What's the difference between GL and CEM exams?

What's the difference between GL and CEM exams?

Grammar schools in the UK have to use one of two popular types of exams for their 11+ entrance tests. Schools generally use the GL Assessment or CEM exam and CEM exams, but what exactly makes them different?  


How Do GL and CEM Tests Differ?

These are the only two types of exams currently recognised by the government as being able to accurately test a child’s suitability for a grammar school education.


What subjects are covered?


CEM 11 Plus exams tend to cover numerical, verbal and non-verbal ability. CEM is said to be based more closely on the National Curriculum for Key Stage 2 than GL. However, the inclusion of verbal and non-verbal reasoning in any such test suggests otherwise since these subjects are not taught as part of the National Curriculum.


GL exams cover verbal reasoning, non-verbal reasoning, spatial reasoning, English and maths; however some grammar schools only cover some of these areas in their selection tests.

Maths tests will cover a wide range of topics from the National Curriculum but are not limited. We have had feedback from our students over the years that concur with our knowledge that many of the questions extend beyond Key Stage 2 knowledge.


Tests for English usually include questions related to reading comprehension, spelling, punctuation, and grammar.


Verbal reasoning tests require students to reason with words and can help identify pupils who excel at subjects such as English, History, Languages and the Arts. Their verbal reasoning tests will include some skills covered by a GL English exam. A strong vocabulary will help children succeed in verbal reasoning tests. You can use our vocabulary resources in the Geek School Shop to help your child to develop these skills at a high level.


Non-verbal Reasoning tests measure reasoning processes that are essential for various subjects, including mathematics and science.


Spatial reasoning questions test the thinking process’s efficiency using mental images of shapes and spaces. Spatial reasoning skills are essential for success in science, technology, engineering, and mathematics (STEM) courses. 


What are the Format and Key Differences in the GL and CEM Tests?

Most GL 11+ exams are Standard Format (answers written in spaces next to questions) or Multiple Choice (answers marked in a separate answer booklet). Test paper lengths vary, but 50 minutes is usually the longest exam time for each paper.

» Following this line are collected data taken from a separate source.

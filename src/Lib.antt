-- ===== src/Lib.antt =====
-- Verification of the open-mdm master data management service: the pipeline that takes a write
-- from the landing tier over staging to the golden records, and what it builds on.
--
-- A write is captured in the landing table whatever its payload is. A promotion validates each
-- pending row, finds the golden record that it is about, and stages it with its errors. A steward
-- edits, rejects or approves a staged row; an approval inserts, updates or deletes the golden
-- record and writes the state before the change to the history.
--
-- The parts, and the code that each models:
--   Identifiers          app/services/identifiers.py: validate_ident, validate_column_name,
--                        quote_ident, qualified; Identifiers/Types: TYPE_MAP, pg_type, type_rank,
--                        is_safe_widening
--   Validation           app/services/validation.py: normalize_value, coerce_value; its children
--                        Constraints, Record and MatchKey: check_constraints, validate_record,
--                        build_match_key
--   Models, Settings     app/models/meta.py and app/config.py: the records that the services read
--   Tiers                the four tables that app/services/ddl.py creates for one entity
--   Ddl                  app/services/ddl.py: columns_from_entity, DDLPlan, _render_default; its
--                        children Create: build_landing_ddl and its siblings, build_create_plan;
--                        Alter: build_alter_plan, _render_pg, build_drop_plan; Catalog:
--                        reflect_columns, apply_plan; Deployed: what the tables promise
--   Pipeline/Landing     app/services/pipeline.py: write_to_landing
--   Pipeline/Promotion   promote_landing_to_staging; its child Target: _resolve_target
--   Pipeline/Review      apply_staging_to_live, reject_staging, edit_staging; its child Golden:
--                        _apply_insert, _apply_update, _apply_delete, _write_history
--   ModelIo              app/services/model_io.py: entity_to_dict; its child Import: apply_import
--                        and, from the validated document on, import_models of the model API
--   Registry             the tables of app/models/meta.py that hold entities and their versions
--   ModelApi             app/api/v1/models_api.py: create_entity, update_entity; its children
--                        Publish: publish_entity, delete_entity; Events: the requests one after
--                        another, each in the transaction of get_db of app/db.py
--   Auth                 app/services/auth.py: PERMISSIONS, permissions_for, has_permission,
--                        can_access_entity, authenticate_api_key; app/api/deps.py:
--                        get_current_principal, require_permission, require_roles, get_entity,
--                        get_deployed_entity, check_entity_access
--   Accounts             app/services/auth.py: authenticate_user, _upsert_ldap_user,
--                        ensure_local_admin, issue_api_key; its child Admin: the changes that
--                        app/api/v1/admin.py makes, and the login of app/api/v1/auth.py
--   Ldap                 app/services/ldap_auth.py: _escape_filter, _normalize_dn, map_roles; its
--                        child Directory: authenticate, find_user, resolve_groups
--   System               the transactions that app/api/v1/data.py and app/api/v1/stewardship.py run;
--                        its children Bulk: bulk_write; Batches: bulk_approve, bulk_reject
--   Sql                  the connection and session as a state monad with exceptions
--   Python, Base         values, the parts of Python that no code here implements, shared helpers
--
-- A service function is an action: from a state (the four tables, whether the transaction is
-- aborted, the time, the audit events and the batches) to a result or an exception, and a state. A
-- statement of the code is a `statement` of the model: a read or a change of the tables that the
-- database may refuse, after which the transaction is aborted. `begin` rolls the tables back when
-- an exception leaves the block. Rows stand in the order of their ids, so a query's first row is
-- the one with the least id. The tables are those of one entity, since no service function here
-- touches another's. Transactions follow one another; concurrent ones are not modelled.
--
-- Parameters. `Python` holds what the code takes from Python's library and the Unicode tables: case
-- of characters beyond ASCII, parsers of numbers and dates, JSON, regular expressions. `Postgres`
-- holds what the database decides: the DEFAULT of a column, the canonical text of a UUID, a fresh
-- UUID, equality and folding in SQL, and whether it accepts a row. `Directory` holds the answers of
-- the LDAP server. The hashes of keys and passwords, new secrets and the decoding of a session token
-- are parameters too. Where a theorem needs the database to accept a row, or two parameters to
-- agree, it has that as a hypothesis; nothing else is assumed of any of them. The sequences, the
-- partial unique index on idempotency keys and the uniqueness of a key's prefix are written out in
-- the model; the lengths and types of columns are left to the database's answer on a row.
--
-- A DDL statement is data. The catalog holds the columns of each table as information_schema
-- reports them, and executing a statement changes it; `accepts`, a parameter, stands for every other
-- reason for which Postgres may refuse one. A column type is compared by its parts, not its text.
--
-- The model API keeps its entities in one session and changes the tables in a transaction of its
-- own, which is committed first. The unique constraints on entities, attributes and versions are
-- written out; a parameter stands for the other constraints. The attributes of an entity stand in
-- the order of their positions, which is how the relationship loads them, those of one position as
-- they were inserted. A request that fails rolls back the metadata, not the tables.
--
-- Loops run over lists, so nothing runs on fuel. Lengths and versions are natural numbers, since
-- nothing in the code bounds them; integers of a payload are integers with the code's own limits.
--
-- Left out: the texts of error messages, logging, the before and after values of an audit event,
-- the endpoint around a single write or review, and the import of CSV. The session tokens that a login
-- issues, the options of the directory's connection, the validation of an import document, the
-- texts of an export, the endpoints that only read, and the bootstrap are not modelled.
mod Base
pub mod Python
pub mod Models
pub mod Identifiers
pub mod Validation
pub mod Settings
pub mod Tiers
pub mod Ddl
pub mod ModelIo
pub mod Registry
pub mod ModelApi
pub mod Sql
pub mod Pipeline
pub mod System
pub mod Auth
pub mod Accounts
pub mod Ldap
pub mod Tests
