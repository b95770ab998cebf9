-- ===== src/Base/Lists.antt =====
-- Lists measured by native numbers, and predicates on lists by recursion.
use Prim.Native.Nat.{ℕ, zero, suc, ◌+◌, ◌≤◌}
use mathlib.Core.Path.{◌≡◌, refl, ap, subst}
use mathlib.Core.Bool.{Bool, true, false, ◌&&◌, ◌||◌}
use mathlib.Core.Logic.{inl, inr}
use mathlib.Core.Option.{Option, none, some, some-injective}
use mathlib.Core.List.{List, [], ◌∷◌, ◌++◌, map}
use native.Mathlib.Omega.{arith}
use open_mdm.Base.Tests.{if◌then◌else◌, Bool-cases, or_left, or_right}

module _ {ℓ} {A : Type ℓ} where
  abbrev pub length : List A → ℕ
  length [] = 0
  length (x ∷ xs) = suc (length xs)

  abbrev pub take : ℕ → List A → List A
  take zero xs = []
  take (suc n) [] = []
  take (suc n) (x ∷ xs) = x ∷ take n xs

  -- `[x for x in xs if p(x)]`; the library's `filter` wants a decision.
  abbrev pub keep : (A → Bool) → List A → List A
  keep p [] = []
  keep p (x ∷ xs) = let rest = keep p xs in if p x then x ∷ rest else rest

  -- `any(p(x) for x in xs)` and `all(p(x) for x in xs)`
  abbrev pub any : (A → Bool) → List A → Bool
  any p [] = false
  any p (x ∷ xs) = p x || any p xs

  abbrev pub all : (A → Bool) → List A → Bool
  all p [] = true
  all p (x ∷ xs) = p x && all p xs

  -- The first element that passes, as `.first()` of a query.
  abbrev pub find_first : (A → Bool) → List A → Option A
  find_first p [] = none
  find_first p (x ∷ xs) = if p x then some x else find_first p xs

  -- An SQL UPDATE with a WHERE clause.
  abbrev pub update_where : (A → Bool) → (A → A) → List A → List A
  update_where p f [] = []
  update_where p f (x ∷ xs) = (if p x then f x else x) ∷ update_where p f xs

  abbrev pub is_empty : List A → Bool
  is_empty [] = true
  is_empty (x ∷ xs) = false

  pub length-append : (xs ys : List A) → length (xs ++ ys) ≡ length xs + length ys
  length-append [] ys = omega arith
  length-append (x ∷ xs) ys = omega (arith, length-append xs ys)

  pub length-update_where :
      (p : A → Bool) (f : A → A) (xs : List A) → length (update_where p f xs) ≡ length xs
  length-update_where p f [] = refl
  length-update_where p f (x ∷ xs) = ap suc (length-update_where p f xs)

  pub length-take : (n : ℕ) (xs : List A) → length (take n xs) ≤ n
  length-take zero xs = omega arith
  length-take (suc n) [] = omega arith
  length-take (suc n) (x ∷ xs) = omega (arith, length-take n xs)

abbrev pub All {ℓ κ} : {A : Type ℓ} → (A → Type κ) → List A → Type κ
All P [] = Unit
All P (x ∷ xs) = P x × All P xs

module _ {ℓ κ} {A : Type ℓ} (P : A → Type κ) where
  pub All-append : (xs ys : List A) → All P xs → All P ys → All P (xs ++ ys)
  All-append [] ys hx hy = hy
  All-append (x ∷ xs) ys hx hy = (hx.0, All-append xs ys hx.1 hy)

  pub All-split : (xs ys : List A) → All P (xs ++ ys) → All P xs × All P ys
  All-split [] ys h = (tt, h)
  All-split (x ∷ xs) ys (p, h) = let (hx, hy) = All-split xs ys h in ((p, hx), hy)

  pub All-map {μ} : (Q : A → Type μ) → ((x : A) → P x → Q x) → (xs : List A) → All P xs → All Q xs
  All-map Q f [] h = tt
  All-map Q f (x ∷ xs) (p, h) = (f x p, All-map Q f xs h)

  pub All-update_where :
      (p : A → Bool) (f : A → A)
      → ((x : A) → P x → P (f x))
      → (xs : List A) → All P xs
      → All P (update_where p f xs)
  All-update_where p f step [] h = h
  All-update_where p f step (x ∷ xs) h = (choose (p x), All-update_where p f step xs h.1)
    where
      choose : (b : Bool) → P (if b then f x else x)
      choose true = step x h.0
      choose false = h.0

pub find_first-append {ℓ} :
    {A : Type ℓ} (p : A → Bool) (xs : List A) (x : A)
    → find_first p xs ≡ none
    → p x ≡ true
    → find_first p (xs ++ x ∷ []) ≡ some x
find_first-append p [] x h k = rw k
find_first-append p (y ∷ xs) x h k = elim (Bool-cases (p y)) [
  | inl t ↦ absurd (cc (rw t at h))
  | inr f ↦ rw f (find_first-append p xs x (rw f at h) k)
]

pub any-find_first {ℓ} :
    {A : Type ℓ} (p : A → Bool) (xs : List A) → find_first p xs ≡ none → any p xs ≡ false
any-find_first p [] h = refl
any-find_first p (y ∷ xs) h = elim (Bool-cases (p y)) [
  | inl t ↦ absurd (cc (rw t at h))
  | inr f ↦ rw f (any-find_first p xs (rw f at h))
]

pub find_first-any {ℓ} :
    {A : Type ℓ} (p : A → Bool) (xs : List A) → any p xs ≡ false → find_first p xs ≡ none
find_first-any p [] h = refl
find_first-any p (y ∷ xs) h = elim (Bool-cases (p y)) [
  | inl t ↦ absurd (cc (rw t at h))
  | inr f ↦ rw f (find_first-any p xs (rw f at h))
]

pub any-update_where {ℓ} :
    {A : Type ℓ} (p q : A → Bool) (f : A → A)
    → ((x : A) → p (f x) ≡ p x)
    → (xs : List A) → any p (update_where q f xs) ≡ any p xs
any-update_where p q f same [] = refl
any-update_where p q f same (x ∷ xs) = elim (Bool-cases (q x)) [
  | inl t ↦ rw (t, same x, any-update_where p q f same xs)
  | inr n ↦ rw (n, any-update_where p q f same xs)
]

pub any-add {ℓ} :
    {A : Type ℓ} (p : A → Bool) (xs : List A) (x : A)
    → any p xs ≡ false
    → p x ≡ false
    → any p (xs ++ x ∷ []) ≡ false
any-add p [] x h k = rw k
any-add p (y ∷ xs) x h k = elim (Bool-cases (p y)) [
  | inl t ↦ absurd (cc (rw t at h))
  | inr f ↦ rw f (any-add p xs x (rw f at h) k)
]

pub map-append {ℓ} :
    {A B : Type ℓ} (f : A → B) (xs ys : List A) → map f (xs ++ ys) ≡ map f xs ++ map f ys
map-append f [] ys = refl
map-append f (x ∷ xs) ys = ap (λ zs. f x ∷ zs) (map-append f xs ys)

pub append_assoc {ℓ} : {A : Type ℓ} (xs ys zs : List A) → (xs ++ ys) ++ zs ≡ xs ++ (ys ++ zs)
append_assoc [] ys zs = refl
append_assoc (x ∷ xs) ys zs = ap (λ ws. x ∷ ws) (append_assoc xs ys zs)

pub append-nil {ℓ} : {A : Type ℓ} (xs : List A) → xs ≡ xs ++ []
append-nil [] = refl
append-nil (x ∷ xs) = ap (λ ys. x ∷ ys) (append-nil xs)

pub any-keep {ℓ} :
    {A : Type ℓ} (p q : A → Bool) (xs : List A) → any p xs ≡ false → any p (keep q xs) ≡ false
any-keep p q [] h = refl
any-keep p q (x ∷ xs) h = elim (Bool-cases (p x)) [
  | inl t ↦ absurd (cc (rw t at h))
  | inr f ↦ elim (Bool-cases (q x)) [
    | inl t ↦ rw (t, f) (any-keep p q xs (rw f at h))
    | inr n ↦ rw n (any-keep p q xs (rw f at h))
  ]
]

-- An update of a row by its key does not lose it.
pub find_first-update_where {ℓ} :
    {A : Type ℓ} (p : A → Bool) (f : A → A) (xs : List A) (x : A)
    → ((y : A) → p (f y) ≡ p y)
    → find_first p xs ≡ some x
    → find_first p (update_where p f xs) ≡ some (f x)
find_first-update_where p f [] x same h = absurd (cc)
find_first-update_where p f (y ∷ xs) x same h = elim (Bool-cases (p y)) [
  | inl t ↦ rw (t, same y, t) (ap some (ap f (some-injective _ _ (rw t at h))))
  | inr n ↦ rw (n, n) (find_first-update_where p f xs x same (rw n at h))
]

pub update_where-none {ℓ} :
    {A : Type ℓ} (p : A → Bool) (f : A → A) (xs : List A)
    → any p xs ≡ false
    → update_where p f xs ≡ xs
update_where-none p f [] h = refl
update_where-none p f (y ∷ xs) h = elim (Bool-cases (p y)) [
  | inl t ↦ absurd (cc (rw t at h))
  | inr n ↦ rw n (ap (λ ys. y ∷ ys) (update_where-none p f xs (rw n at h)))
]

-- Whether some element comes twice.
abbrev pub repeated {ℓ} : {A : Type ℓ} → (A → A → Bool) → List A → Bool
repeated same [] = false
repeated same (x ∷ xs) = any (same x) xs || repeated same xs

pub repeated-add {ℓ} :
    {A : Type ℓ} (same : A → A → Bool) (xs : List A) (y : A)
    → repeated same xs ≡ false
    → All (λ x. same x y ≡ false) xs
    → repeated same (xs ++ y ∷ []) ≡ false
repeated-add same [] y h new = refl
repeated-add same (x ∷ xs) y h (here, new) =
    rw (any-add (same x) xs y (or_left (any (same x) xs) (repeated same xs) h) here)
      (repeated-add same xs y (or_right (any (same x) xs) (repeated same xs) h) new)

any-keep-map {ℓ} :
    {A B : Type ℓ} (q : B → Bool) (g : A → B) (p : A → Bool) (xs : List A)
    → any q (map g xs) ≡ false
    → any q (map g (keep p xs)) ≡ false
any-keep-map q g p [] h = refl
any-keep-map q g p (x ∷ xs) h = elim (Bool-cases (p x)) [
  | inl t ↦
      rw (t, or_left (q (g x)) (any q (map g xs)) h)
        (any-keep-map q g p xs (or_right (q (g x)) (any q (map g xs)) h))
  | inr f ↦ rw f (any-keep-map q g p xs (or_right (q (g x)) (any q (map g xs)) h))
]

pub repeated-keep {ℓ} :
    {A B : Type ℓ} (same : B → B → Bool) (g : A → B) (p : A → Bool) (xs : List A)
    → repeated same (map g xs) ≡ false
    → repeated same (map g (keep p xs)) ≡ false
repeated-keep same g p [] h = refl
repeated-keep same g p (x ∷ xs) h =
    let first = or_left (any (same (g x)) (map g xs)) (repeated same (map g xs)) h in
    let rest =
      repeated-keep same g p xs
        (or_right (any (same (g x)) (map g xs)) (repeated same (map g xs)) h) in
    elim (Bool-cases (p x)) [
      | inl t ↦ rw (t, any-keep-map (same (g x)) g p xs first) rest
      | inr f ↦ rw f rest
    ]

pub map-update_where {ℓ} :
    {A B : Type ℓ} (g : A → B) (p : A → Bool) (f : A → A)
    → ((x : A) → p x ≡ true → g (f x) ≡ g x)
    → (xs : List A) → map g (update_where p f xs) ≡ map g xs
map-update_where g p f same [] = refl
map-update_where g p f same (x ∷ xs) = elim (Bool-cases (p x)) [
  | inl t ↦ rw (t, same x t, map-update_where g p f same xs) refl
  | inr n ↦ rw (n, map-update_where g p f same xs) refl
]

pub All-keep {ℓ κ} :
    {A : Type ℓ} (P : A → Type κ) (p : A → Bool) (xs : List A) → All P xs → All P (keep p xs)
All-keep P p [] h = tt
All-keep P p (x ∷ xs) (here, h) = elim (Bool-cases (p x)) [
  | inl t ↦ rw t (here, All-keep P p xs h)
  | inr f ↦ rw f (All-keep P p xs h)
]

pub All-find_first {ℓ κ} :
    {A : Type ℓ} (P : A → Type κ) (p : A → Bool) (xs : List A) (a : A)
    → All P xs
    → find_first p xs ≡ some a
    → P a × (p a ≡ true)
All-find_first P p [] a h e = absurd (cc)
All-find_first P p (x ∷ xs) a (here, h) e = elim (Bool-cases (p x)) [
  | inl t ↦
      let same = some-injective x a (rw t at e) in
      (subst P same here, subst (λ y. p y ≡ true) same t)
  | inr f ↦ All-find_first P p xs a h (rw f at e)
]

GL takes its questions from the GL Assessment Question Bank and uses a variety of different question types across all four subjects. Children can become familiar with these particular question types through practice and preparation.


How to Prepare for the CEM and GL Assessment Tests


Make sure you do your research before enrolling your child at any school. Every school is different. Spend time talking to the school to find out exactly which exam board they will follow and how your child would be assessed.

CEM is slightly different from the others because it’s supposed to be “test proof”, and the questions are harder to predict. Regardless, children can use familiarisation materials to learn about topics before taking exams. Preparing for the CEM exam is still functional. Still, the questions on the test will be harder to predict, which is where using an experienced and knowledgeable 11 Plus tutor can be beneficial.

To develop your child’s vocabulary, focus on building their knowledge of new words. There are several ways to help children learn new words:


Encourage your child not just to read but to read widely across different subjects. It will broaden their vocabulary and allow them to learn new words.

Help your child to learn new words through games and puzzles. Games like crosswords, word searches, jigsaws, scrabble etc., are great fun and can help your child learn new words.

Use books and magazines to encourage your child to read more. Reading aloud to your child is another way to improve their reading ability. 


Effectively managing time is an essential part of doing well on any test, including the CEM exam. To prepare your child for the exam, make sure to:


  • Ensure your child practises under timed conditions to become accustomed to the speed required before the exam.
  • Use practice exams as ‘mock exams’ to help children get used to the conditions they will face during the actual exam. 


Other Types of 11 Plus Exams

While the GL and CEM style papers are the most popular for the grammar school selection tests, they are not the only exams, for example, the Sutton SET, CSSE and ISEB papers.


The Sutton SET (Selective Eligibility Test)

The Sutton SET has several other styles of questions. These include multiple choice, matching, short answer, extended response, essay and fill-in-the-blank. Each type of question requires a different approach to answering.


The CSSE Tests ( Consortium of Selective Schools in Essex)

The CSSE (formerly the Consortium of Selective Schools in Essex) is a body representing all the grammar schools in Essex. The CSSE exam is sat by children applying to any of these schools.


ISEB (independent schools examination board) Common Pre-Test

The ISEB is a common pre-test that many independent schools require students to take before applying for entry into their school. This is done to ensure that applicants for the final written paper are of a specific academic standard before proceeding to the next stage of the admissions process.